Activity — For each line of the data below that includes the string "across", count one, and answer with the sum only.

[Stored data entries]
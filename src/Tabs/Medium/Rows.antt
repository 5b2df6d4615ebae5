-- ===== src/Tabs/Medium/Rows.antt =====
-- What frontend/src/components/tabs/MediumTab.tsx draws of the flame stack and of the lanes. `time` is
-- toLocaleTimeString.
use Prim.Native.String.{◌++◌ as ◌+++◌}
use drishtiscope_oss.Common.{
  ℕ, String, Option, none, some, Bool, false, List, [], ◌∷◌, ◌++◌, ◌==◌, map, if◌then◌else◌,
}
use drishtiscope_oss.Common.Decimal.{decimal}
use drishtiscope_oss.Common.Fixed.{fixed_one}
use drishtiscope_oss.Common.Text.{codes}
use drishtiscope_oss.Protocol.{Snapshot, EventRow, Category}
use drishtiscope_oss.Tabs.Medium.{
  FlameNode, flame_nodes, Lane, all_lanes, syscall_lane, file_lane, network_lane, compute_lane,
  lane_rows, sev_color, cat_badge,
}

pub record FlameRow : Type 0 where
  pub name : String
  pub color : String
  pub share : List ℕ
  pub width : ℕ
  pub selected : Bool
  pub note : Option String

-- `selectedFlameNode === fn.name`
abbrev pub is_chosen : Option String → String → Bool
is_chosen none name = false
is_chosen (some chosen) name = chosen == name

-- The width is in tenths of a percent, as the share is.
unfoldable pub flame_row : Option String → FlameNode → FlameRow
unfolding fixed_one
flame_row chosen fn = record {
  name = fn.name;
  color = fn.color;
  share = fixed_one fn.pct ++ codes "%";
  width = fn.pct;
  selected = is_chosen chosen fn.name;
  note = if is_chosen chosen fn.name then some fn.desc else none;
}

unfoldable pub flame_rows : Option String → List FlameRow
unfolding flame_row
flame_rows chosen = map (flame_row chosen) flame_nodes

-- The buttons over the lanes, whose names are shown with a capital by the style, each with whether it is
-- marked.
abbrev pub lane_name : Lane → String
lane_name all_lanes = "all"
lane_name syscall_lane = "syscall"
lane_name file_lane = "file"
lane_name network_lane = "network"
lane_name compute_lane = "compute"

unfoldable pub lane_buttons : Lane → List (String × Bool)
lane_buttons current =
    map (λ lane. (lane_name lane, lane_name current == lane_name lane))
      (all_lanes ∷ syscall_lane ∷ file_lane ∷ network_lane ∷ compute_lane ∷ [])

pub record LaneRow : Type 0 where
  pub color : String
  pub badge : Category × String
  pub title : String
  pub detail : String
  pub pid : String
  pub time : List ℕ

unfoldable pub lane_row : (String → List ℕ) → EventRow → LaneRow
lane_row time ev = record {
  color = sev_color ev.severity;
  badge = (ev.category, cat_badge ev.category);
  title = ev.title;
  detail = ev.detail;
  pid = "PID " +++ decimal ev.pid;
  time = time ev.ts;
}

-- The lanes, or the line that stands in their place.
pub data Lanes : Type 0 where
  no_events : String → Lanes
  events : List LaneRow → Lanes

abbrev pub lanes_of : (String → List ℕ) → List EventRow → Lanes
unfolding lane_row
lanes_of time [] = no_events "No kernel events recorded for selected filter"
lanes_of time (e ∷ es) = events (map (lane_row time) (e ∷ es))

unfoldable pub lane_view : (String → List ℕ) → Lane → Option Snapshot → List EventRow → Lanes
unfolding lane_row lane_rows
lane_view time lane s evs = lanes_of time (lane_rows lane s evs)
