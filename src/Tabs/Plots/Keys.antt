-- ===== src/Tabs/Plots/Keys.antt =====
-- Every chart of the tabs reads fields that its rows have, and draws no field twice.
use drishtiscope_oss.Common.{
  ◌≡◌, refl, String, Bool, true, not, ◌&&◌, Option, none, some, List, [], ◌∷◌, ◌==◌, any, all, map,
}
use drishtiscope_oss.Protocol.{Snapshot}
use drishtiscope_oss.Tabs.Plots.{
  Place, vitals, calls, memory, disk, switches, sockets, profile, denials, overlay, Plot, Plotted,
  plot_at,
}

abbrev pub has : List String → String → Bool
has keys k = any (λ j. j == k) keys

abbrev distinct : List String → Bool
distinct [] = true
distinct (k ∷ ks) = not (has ks k) && distinct ks

abbrev axis_known : List String → Option String → Bool
axis_known rows none = true
axis_known rows (some k) = has rows k

-- The chart reads only fields that its rows have, no field for two series, and the axis is not drawn.
abbrev pub reads_rows : Plot → Bool
reads_rows p =
    let keys = map (λ (s : Plotted). s.key) p.series in
    axis_known p.rows p.axis && all (has p.rows) keys && distinct keys

pub plots_read_rows : (place : Place) (s : Option Snapshot) → reads_rows (plot_at place s) ≡ true
unfolding plot_at
plots_read_rows vitals s = refl
plots_read_rows calls s = refl
plots_read_rows memory s = refl
plots_read_rows disk s = refl
plots_read_rows switches s = refl
plots_read_rows sockets s = refl
plots_read_rows profile s = refl
plots_read_rows denials s = refl
plots_read_rows overlay s = refl
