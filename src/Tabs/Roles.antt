-- ===== src/Tabs/Roles.antt =====
-- The role lens of frontend/src/components/tabs/CompletePictureTab.tsx: the heading of the analysis for
-- each role and its three cards. Icons are left out.
use Prim.Native.String.{◌++◌ as ◌+++◌}
use drishtiscope_oss.Common.{ℕ, String, Option, List, [], ◌∷◌, ◌++◌, ◌≡◌, ◌==◌, Bool, refl, map}
use drishtiscope_oss.Common.Fallback.{field_or}
use drishtiscope_oss.Common.Fixed.{digit_codes, round_div}
use drishtiscope_oss.Common.Text.{codes}
use drishtiscope_oss.Format.{fmt_bytes, fmt_bps}
use drishtiscope_oss.Protocol.{Snapshot, Kpis}
use drishtiscope_oss.Tabs.{kpis_of}

-- `activeRole`
pub data Role : Type 0 where
  perf sec net storage : Role

abbrev pub role_button : Role → String
role_button perf = "Performance"
role_button sec = "Security"
role_button net = "Network"
role_button storage = "Storage"

-- The value of a role, by which the buttons compare.
abbrev pub role_name : Role → String
role_name perf = "perf"
role_name sec = "sec"
role_name net = "net"
role_name storage = "storage"

-- The buttons of the role lens, each with whether it is marked.
unfoldable pub role_buttons : Role → List (String × Bool)
role_buttons current =
    map (λ role. (role_button role, role_name current == role_name role))
      (perf ∷ sec ∷ net ∷ storage ∷ [])

abbrev pub analysis_title : Role → String
analysis_title role = "Linux " +++ role_button role +++ " Engineer Analysis"

pub record Card : Type 0 where
  pub title : String
  pub text : List ℕ
  pub status : String

unfoldable pub perf_cards : Option Snapshot → List Card
unfolding digit_codes round_div fmt_bytes fmt_bps
perf_cards s =
    record {
      title = "Syscall Storm Detection";
      text =
          codes "Syscall frequency is currently "
          ++ (digit_codes
                (round_div (field_or (λ (k : Kpis). k.syscalls_per_sec) (kpis_of s) 1_420_000) 1000)
              ++ (codes
                  "/s. Top calls are epoll_pwait (281) and futex, typical for high-throughput event loops. No spinning thread deadlocks detected."));
      status = "Status: Efficient non-blocking wait";
    }
    ∷ record {
      title = "CPU Core & Threading";
      text =
          codes "Observed thread count is "
          ++ (digit_codes (field_or (λ (k : Kpis). k.threads) (kpis_of s) 26)
              ++ (codes
                  ". Voluntary context switches average 1,840/s. CPU core affinity indicates balanced load across Linux cpusets with zero starvation."));
      status = "CFS Sched: Zero runqueue delays";
    }
    ∷ record {
      title = "AI Tool Fork Overhead";
      text =
          codes
            "`execve` invocations occur on demand (sub-agents and CLI commands). Page table copying is minimized through clone/vfork semantics. Memory footprint stays under "
          ++ (fmt_bytes (field_or (λ (k : Kpis). k.rss_bytes) (kpis_of s) 52_428_800)
              ++ (codes "."));
      status = "Fork Latency: ~380 µs";
    }
    ∷ []

unfoldable pub sec_cards : Option Snapshot → List Card
unfolding digit_codes round_div fmt_bytes fmt_bps
sec_cards s =
    record {
      title = "Privilege Escalation Watch";
      text =
          codes
            "eBPF tracepoints monitor all `openat` calls with `O_CREAT` and `O_RDWR`. Any attempt to touch shadow passwords, sensitive SSH keys, or sudoers triggers immediate high-severity events in DrishtiScope.";
      status = "Sandboxing: Read-only probes active";
    }
    ∷ record {
      title = "Kernel Symbols & CAP_BPF";
      text =
          codes
            "eBPF loader requires either root or `CAP_BPF + CAP_PERFMON`. Probing `/proc/kallsyms` without root emits an audited EACCES notice, ensuring zero unauthorized kernel access.";
      status = "Compliance: Principle of least privilege";
    }
    ∷ record {
      title = "Child Process Lineage";
      text =
          codes
            "Tracks full PPID tree lineage. Child subagents inherit clean environment variables with zero leaky file descriptors across `execve` boundaries.";
      status = "Lineage: 100% verified";
    }
    ∷ []

unfoldable pub net_cards : Option Snapshot → List Card
unfolding digit_codes round_div fmt_bytes fmt_bps
net_cards s =
    record {
      title = "Token Streaming Socket Latency";
      text =
          codes
            "TCP outbound traffic to AI model gateways maintains RTT under 18ms. No TCP window stalling or transmit buffer overflows detected.";
      status = "Stream Health: Smooth streaming";
    }
    ∷ record {
      title = "Kubernetes API & Cluster Flows";
      text =
          codes
            "Local cluster connectivity to Kind control-plane (`127.0.0.1:45907`) is established and healthy. Inode socket matching maps file descriptors to active TCP connections.";
      status = "Cluster Sockets: 100% mapped";
    }
    ∷ record {
      title = "Zero Socket Leaks";
      text =
          codes "Total open FDs: "
          ++ (digit_codes (field_or (λ (k : Kpis). k.open_fds) (kpis_of s) 34)
              ++ (codes
                  ". Closed sockets transition through TIME_WAIT and reclaim kernel buffer memory within standard 60s windows."));
      status = "Sockets: Clean reclamation";
    }
    ∷ []

unfoldable pub storage_cards : Option Snapshot → List Card
unfolding digit_codes round_div fmt_bytes fmt_bps
storage_cards s =
    record {
      title = "Workspace File & WAL Activity";
      text =
          codes
            "Transcript and artifact disk writes are flushed via buffered append. Disk write rate is currently "
          ++ (fmt_bps (field_or (λ (k : Kpis). k.disk_bps_w) (kpis_of s) 8_192_000) ++ (codes "."));
      status = "Page Cache Writeback: Nominal";
    }
    ∷ record {
      title = "SQLite TSDB WAL Persistence";
      text =
          codes
            "Historical telemetry snapshots and events are persisted into `drishtiscope.db` with WAL (Write-Ahead Logging) mode, enabling sub-millisecond atomic writes with zero read locking.";
      status = "SQLite: WAL synchronous NORMAL";
    }
    ∷ record {
      title = "Unclosed FD Leak Detector";
      text =
          codes
            "Scans `/proc/[pid]/fd` every snapshot tick. All open file paths are tracked and verified against directory limits.";
      status = "Leak Check: Zero unclosed handles";
    }
    ∷ []

unfoldable pub cards : Role → Option Snapshot → List Card
unfolding perf_cards sec_cards net_cards storage_cards
cards perf s = perf_cards s
cards sec s = sec_cards s
cards net s = net_cards s
cards storage s = storage_cards s

-- The line at the foot of each card, which says how the target fares, is the same whatever the
-- snapshot is, and where there is none.
pub statuses_fixed :
    (role : Role) (s t : Option Snapshot)
    → map (λ (c : Card). c.status) (cards role s) ≡ map (λ (c : Card). c.status) (cards role t)
unfolding cards perf_cards sec_cards net_cards storage_cards
statuses_fixed perf s t = refl
statuses_fixed sec s t = refl
statuses_fixed net s t = refl
statuses_fixed storage s t = refl
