-- ===== src/Tabs/Story/Cards.antt =====
-- What StoryTab.tsx prints: the banner, the six figures, the files and the flows.
use drishtiscope_oss.Common.{ℕ, ◌+◌, String, Option, none, some, List, [], ◌∷◌, ◌++◌, map}
use drishtiscope_oss.Common.Fallback.{field_else, field_or, or_text}
use drishtiscope_oss.Common.Fixed.{digit_codes, round_div}
use drishtiscope_oss.Common.Text.{codes}
use drishtiscope_oss.Format.{fmt_pct, fmt_bytes, fmt_bps}
use drishtiscope_oss.Protocol.{Snapshot, Kpis, ProcessRow, FileStat, NetFlow}
use drishtiscope_oss.Tabs.{kpis_of, list_of}
use drishtiscope_oss.Tabs.Story.{Role, Verdict, active_pid, cmdline_of, label, role, verdict}

pub record Banner : Type 0 where
  pub label : String
  pub role : Role
  pub pid : List ℕ
  pub ppid : List ℕ
  pub cmdline : Option String
  pub verdict : Verdict

abbrev pub given : String → Option String
given String.[] = none
given s = some s

unfoldable pub banner : Option Snapshot → Option ProcessRow → Banner
unfolding label role active_pid verdict digit_codes
banner s p = record {
  label = label s p;
  role = role s p;
  pid = codes "PID " ++ digit_codes (active_pid s p);
  ppid = codes "PPID " ++ digit_codes (field_else (λ (r : ProcessRow). r.ppid) p 1);
  cmdline = given (cmdline_of p);
  verdict = verdict s p;
}

pub record Vital : Type 0 where
  pub caption : String
  pub value : List ℕ
  pub note : String

unfoldable pub vitals : Option Snapshot → Option ProcessRow → List Vital
unfolding fmt_pct fmt_bytes fmt_bps digit_codes
vitals s p =
    let k = kpis_of s in
    record {
      caption = "CPU Usage";
      value =
          fmt_pct (
            field_else (λ (k : Kpis). k.cpu_pct) k
              (field_else (λ (r : ProcessRow). r.cpu_pct) p 0));
      note = "Kernel + User space";
    }
    ∷ record {
      caption = "Memory (RSS)";
      value =
          fmt_bytes (
            field_or (λ (k : Kpis). k.rss_bytes) k
              (field_or (λ (r : ProcessRow). r.rss_bytes) p 0));
      note = "Resident in RAM";
    }
    ∷ record {
      caption = "Active Threads";
      value =
          digit_codes (
            field_else (λ (r : ProcessRow). r.threads) p
              (field_else (λ (k : Kpis). k.threads) k 1));
      note = "Worker goroutines/tasks";
    }
    ∷ record {
      caption = "Open Handles";
      value = digit_codes (
          field_else (λ (r : ProcessRow). r.open_fds) p
            (field_else (λ (k : Kpis). k.open_fds) k 0));
      note = "Files & TCP sockets";
    }
    ∷ record {
      caption = "Disk I/O Rate";
      value =
          fmt_bps
            (field_or (λ (k : Kpis). k.disk_bps_r) k 0 + field_or (λ (k : Kpis). k.disk_bps_w) k 0);
      note = "Read / Write throughput";
    }
    ∷ record {
      caption = "Network Rate";
      value =
          fmt_bps
            (field_or (λ (k : Kpis). k.net_bps_tx) k 0 + field_or (λ (k : Kpis). k.net_bps_rx) k 0);
      note = "API traffic sent/received";
    }
    ∷ []

pub record FileLine : Type 0 where
  pub path : String
  pub ops : List ℕ
  pub rate : List ℕ

unfoldable pub file_line : FileStat → FileLine
unfolding digit_codes round_div fmt_bps
file_line f = record {
  path = f.path;
  ops = digit_codes (round_div f.ops_s 1000) ++ codes " ops/s";
  rate = fmt_bps f.bytes_s;
}

unfoldable pub file_lines : Option Snapshot → List FileLine
unfolding file_line
file_lines s = map file_line (list_of (λ s. s.files_top) s)

pub record FlowLine : Type 0 where
  pub src : String
  pub dst : List ℕ
  pub state : String
  pub size : List ℕ

unfoldable pub flow_line : NetFlow → FlowLine
unfolding digit_codes fmt_bytes
flow_line fl = record {
  src = fl.src;
  dst = codes fl.dst ++ (b':' ∷ digit_codes fl.dport);
  state = or_text fl.state "ESTABLISHED";
  size = fmt_bytes (fl.bytes_tx + fl.bytes_rx);
}

unfoldable pub flow_lines : Option Snapshot → List FlowLine
unfolding flow_line
flow_lines s = map flow_line (list_of (λ s. s.flows) s)
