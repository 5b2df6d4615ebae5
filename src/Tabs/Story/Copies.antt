-- ===== src/Tabs/Story/Copies.antt =====
-- The mark on the copy buttons of StoryTab.tsx: the command that was copied last, until a timer runs
-- out. The timers of all copies do the same, and none is cancelled.
use drishtiscope_oss.Common.{
  ℕ, zero, suc, ◌<◌, ◌≡◌, ◌≢◌, refl, String, Option, none, some, List, [], ◌∷◌, arith,
}

pub record CopyMark : Type 0 where
  pub copied_cmd : Option String
  pub timers : ℕ

abbrev pub no_mark : CopyMark
no_mark = record { copied_cmd = none; timers = 0 }

unfoldable pub copy_to_clipboard : String → CopyMark → CopyMark
copy_to_clipboard cmd m = record { copied_cmd = some cmd; timers = suc m.timers }

abbrev run_out : ℕ → CopyMark → CopyMark
run_out zero m = m
run_out (suc n) m = record { copied_cmd = none; timers = n }

-- A timer that runs out, if there is one.
unfoldable pub copied_timer : CopyMark → CopyMark
copied_timer m = run_out m.timers m

-- What happens: a copy of a command, or a timer that runs out.
abbrev pub mark_step : Option String → CopyMark → CopyMark
mark_step none m = copied_timer m
mark_step (some cmd) m = copy_to_clipboard cmd m

unfoldable pub marks : List (Option String) → CopyMark → CopyMark
marks [] m = m
marks (e ∷ es) m = marks es (mark_step e m)

abbrev pub IsPassing : CopyMark → Type 0
IsPassing m = m.copied_cmd ≢ none → 0 < m.timers

run_out-IsPassing : (n : ℕ) (m : CopyMark) → IsPassing m → IsPassing (run_out n m)
run_out-IsPassing zero m h = h
run_out-IsPassing (suc n) m h = λ k. absurd (k refl)

step-IsPassing : (e : Option String) (m : CopyMark) → IsPassing m → IsPassing (mark_step e m)
unfolding copy_to_clipboard copied_timer
step-IsPassing (some cmd) m h = λ n. omega arith
step-IsPassing none m h = run_out-IsPassing m.timers m h

marks-IsPassing : (es : List (Option String)) (m : CopyMark) → IsPassing m → IsPassing (marks es m)
unfolding marks
marks-IsPassing [] m h = h
marks-IsPassing (e ∷ es) m h = marks-IsPassing es (mark_step e m) (step-IsPassing e m h)

-- A mark that is shown has a timer to take it away, whatever was copied and in whatever order the
-- timers ran out; but the first timer to run out takes away the mark of a later copy too.
pub mark_passes :
    (es : List (Option String)) (a b : String)
    → IsPassing (marks es no_mark)
      × ((marks (some a ∷ some b ∷ none ∷ []) no_mark).copied_cmd ≡ none)
unfolding marks copy_to_clipboard copied_timer
mark_passes es a b = (marks-IsPassing es no_mark (λ n. absurd (n refl)), refl)
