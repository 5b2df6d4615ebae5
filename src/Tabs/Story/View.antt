-- ===== src/Tabs/Story/View.antt =====
-- The lists of frontend/src/components/tabs/StoryTab.tsx as they are drawn, each with the line that stands
-- in its place while it is empty.
use Prim.Native.String.{◌++◌}
use drishtiscope_oss.Common.{
  ℕ, String, Option, none, some, Bool, false, List, [], ◌∷◌, ◌==◌, map, take, drop, if◌then◌else◌,
}
use drishtiscope_oss.Common.Decimal.{decimal}
use drishtiscope_oss.Common.Text.{codes}
use drishtiscope_oss.Protocol.{Snapshot, ProcessRow, EventRow, Severity, info, warn, crit}
use drishtiscope_oss.Tabs.Story.{story_rows, label, active_pid, DiagCommand, diag_commands}
use drishtiscope_oss.Tabs.Story.Cards.{FileLine, file_lines, FlowLine, flow_lines}

-- The rows of a list, or the line in their place.
pub data Shown {ℓ} (A : Type ℓ) : Type ℓ where
  empty_line : String → Shown A
  rows : List A → Shown A

abbrev pub shown_or {ℓ} : {A : Type ℓ} → String → List A → Shown A
shown_or line [] = empty_line line
shown_or line (x ∷ xs) = rows (x ∷ xs)

pub record StoryEvent : Type 0 where
  pub severity : String
  pub color : String
  pub title : String
  pub time : List ℕ
  pub detail : String

abbrev pub severity_name : Severity → String
severity_name info = "info"
severity_name warn = "warn"
severity_name crit = "crit"

abbrev pub sev_color : Severity → String
sev_color crit = "text-rose border-rose/40 bg-rose/10"
sev_color warn = "text-amber border-amber/40 bg-amber/10"
sev_color info = "text-cyan border-cyan/40 bg-cyan/10"

-- The time is characters 11 to 18 of the event's.
unfoldable pub story_event : EventRow → StoryEvent
story_event evt = record {
  severity = severity_name evt.severity;
  color = sev_color evt.severity;
  title = evt.title;
  time = take 8 (drop 11 (codes evt.ts));
  detail = evt.detail;
}

unfoldable pub events_view : Option Snapshot → Option ProcessRow → List EventRow → Shown StoryEvent
unfolding story_event story_rows
events_view s p events =
    shown_or
      "Monitoring live process events... Operating within normal thresholds with zero kernel faults."
      (map story_event (story_rows s p events))

unfoldable pub events_subtitle : Option Snapshot → Option ProcessRow → String
unfolding label
events_subtitle s p = "Events recorded for " ++ label s p ++ " since monitoring began"

unfoldable pub files_view : Option Snapshot → Option ProcessRow → Shown FileLine
unfolding file_lines active_pid
files_view s p =
    shown_or ("Scanning /proc/" ++ decimal (active_pid s p) ++ "/fd for active file handles...")
      (file_lines s)

unfoldable pub flows_view : Option Snapshot → Shown FlowLine
unfolding flow_lines
flows_view s =
    shown_or "No active external TCP flows. Process communicates via local pipes or stdin/stdout."
      (flow_lines s)

pub record CommandRow : Type 0 where
  pub label : String
  pub cmd : String
  pub button : String

-- `copiedCmd === item.cmd`
abbrev pub is_copied : Option String → String → Bool
is_copied none cmd = false
is_copied (some copied) cmd = copied == cmd

unfoldable pub command_row : Option String → DiagCommand → CommandRow
command_row copied item = record {
  label = item.label;
  cmd = item.cmd;
  button = if is_copied copied item.cmd then "Copied" else "Copy";
}

unfoldable pub command_rows : Option Snapshot → Option ProcessRow → Option String → List CommandRow
unfolding command_row diag_commands active_pid
command_rows s p copied = map (command_row copied) (diag_commands (active_pid s p))

unfoldable pub commands_subtitle : Option Snapshot → Option ProcessRow → String
unfolding active_pid
commands_subtitle s p = "Inspect PID " ++ decimal (active_pid s p) ++ " directly from terminal"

Task answer — 2